__PROMPT__:
Set down, character for character, everything in the records below from the line holding "first_of none q = q" down to the line holding "traces [] = []", and no other line.

════

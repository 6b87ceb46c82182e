-- ===== src/Runtime/Deadline/Notify.antt =====
-- deadline.rs: the end of `fire_due_at`, outside of the locks: the wakers and the clock may panic.
use easycon_sdk.Common.{
  ℕ, ◌≡◌, ap, refl, Option, none, some, List, [], ◌∷◌, length, Option-cases, inl, inr,
}
use easycon_sdk.Runtime.Deadline.{Due}

-- What was called, in order, and the panic to resume.
pub record Calls {ℓ} (P : Type ℓ) : Type ℓ where
  pub called : List ℕ
  pub panic : Option P

abbrev pub first_of {ℓ} : {P : Type ℓ} → Option P → Option P → Option P
first_of none q = q
first_of (some p) q = some p

-- The count that `fire_due_at` returns, or the panic that leaves it.
pub data Fired {ℓ} (P : Type ℓ) : Type ℓ where
  counts : ℕ → Fired P
  resumes : P → Fired P

pub record FireEnd {ℓ} (P : Type ℓ) : Type ℓ where
  pub woken : List ℕ
  pub traced : List ℕ
  pub result : Fired P

abbrev pub wakers : List (Option ℕ) → List ℕ
wakers [] = []
wakers (none ∷ notifications) = wakers notifications
wakers (some task ∷ notifications) = task ∷ wakers notifications

abbrev pub traces : Due → List ℕ
traces [] = []
traces ((id, e) ∷ due) = e.trace_id ∷ traces due

module _ {ℓ} {P : Type ℓ} where
  abbrev added : ℕ → Option P → Calls P → Calls P
  added task p rest = record { called = task ∷ rest.called; panic = first_of p rest.panic }

  -- `notify_deadline_signals`: a signal without a waker is only broadcast.
  unfoldable pub notify_deadline_signals : (wake : ℕ → Option P) → List (Option ℕ) → Calls P
  notify_deadline_signals wake [] = record { called = []; panic = none }
  notify_deadline_signals wake (none ∷ notifications) = notify_deadline_signals wake notifications
  notify_deadline_signals wake (some task ∷ notifications) =
      added task (wake task) (notify_deadline_signals wake notifications)

  abbrev recorded : ℕ → Option P → Calls P → Calls P
  recorded trace none rest = record { called = trace ∷ rest.called; panic = rest.panic }
  recorded trace (some p) rest = record { called = trace ∷ []; panic = some p }

  -- The loop over `record_dispatch`, which a panic leaves.
  unfoldable pub dispatch : (record_dispatch : ℕ → Option P) → Due → Calls P
  dispatch record_dispatch [] = record { called = []; panic = none }
  dispatch record_dispatch ((id, e) ∷ due) =
      recorded e.trace_id (record_dispatch e.trace_id) (dispatch record_dispatch due)

  abbrev pub fired_with : Option P → ℕ → Fired P
  fired_with none count = counts count
  fired_with (some p) count = resumes p

  -- `fire_due_at` once the batch is committed.
  unfoldable pub finish_fire :
      (wake record_dispatch : ℕ → Option P) → List (Option ℕ) → Due → FireEnd P
  unfolding notify_deadline_signals dispatch
  finish_fire wake record_dispatch notifications due =
      let notified = notify_deadline_signals wake notifications in
      let dispatched = dispatch record_dispatch due in
      record {
        woken = notified.called;
        traced = dispatched.called;
        result = fired_with (first_of dispatched.panic notified.panic) (length due);
      }

  abbrev pub first_panic : (ℕ → Option P) → List ℕ → Option P
  first_panic call [] = none
  first_panic call (x ∷ xs) = first_of (call x) (first_panic call xs)

  notify_deadline_signals_lem :
      (wake : ℕ → Option P) (notifications : List (Option ℕ))
      → (notify_deadline_signals wake notifications)
        ≡ record { called = wakers notifications; panic = first_panic wake (wakers notifications) }
  unfolding notify_deadline_signals
  notify_deadline_signals_lem wake [] = refl
  notify_deadline_signals_lem wake (none ∷ notifications) =
      notify_deadline_signals_lem wake notifications
  notify_deadline_signals_lem wake (some task ∷ notifications) =
      rw (notify_deadline_signals_lem wake notifications) refl

  dispatch_panic :
      (record_dispatch : ℕ → Option P) (due : Due)
      → (dispatch record_dispatch due).panic ≡ first_panic record_dispatch (traces due)
  unfolding dispatch
  dispatch_panic record_dispatch [] = refl
  dispatch_panic record_dispatch ((id, e) ∷ due) =
      elim (Option-cases (record_dispatch e.trace_id)) [
        | inl call ↦ rw call (dispatch_panic record_dispatch due)
        | inr (p, call) ↦ rw call refl
      ]

  -- Every waker of a batch is called, in order, whichever of the calls panic; the batch ends with the first
  -- panic of the clock, else the first one of a waker, else with its size.
  pub finish_fire-wakers :
      (wake record_dispatch : ℕ → Option P) (notifications : List (Option ℕ)) (due : Due)
      → ((finish_fire wake record_dispatch notifications due).woken ≡ wakers notifications)
        × ((finish_fire wake record_dispatch notifications due).result
            ≡ fired_with
                (first_of
                  (first_panic record_dispatch (traces due))
                  (first_panic wake (wakers notifications)))
                (length due))
  unfolding finish_fire
  finish_fire-wakers wake record_dispatch notifications due =
      let told = notify_deadline_signals_lem wake notifications in
      (
        ap (λ (c : Calls P). c.called) told,
        rw (dispatch_panic record_dispatch due, ap (λ (c : Calls P). c.panic) told) refl,
      )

════

__ANSWER SECTION__:
first_of none q = q
first_of (some p) q = some p

-- The count that `fire_due_at` returns, or the panic that leaves it.
pub data Fired {ℓ} (P : Type ℓ) : Type ℓ where
  counts : ℕ → Fired P
  resumes : P → Fired P

pub record FireEnd {ℓ} (P : Type ℓ) : Type ℓ where
  pub woken : List ℕ
  pub traced : List ℕ
  pub result : Fired P

abbrev pub wakers : List (Option ℕ) → List ℕ
wakers [] = []
wakers (none ∷ notifications) = wakers notifications
wakers (some task ∷ notifications) = task ∷ wakers notifications

abbrev pub traces : Due → List ℕ
traces [] = []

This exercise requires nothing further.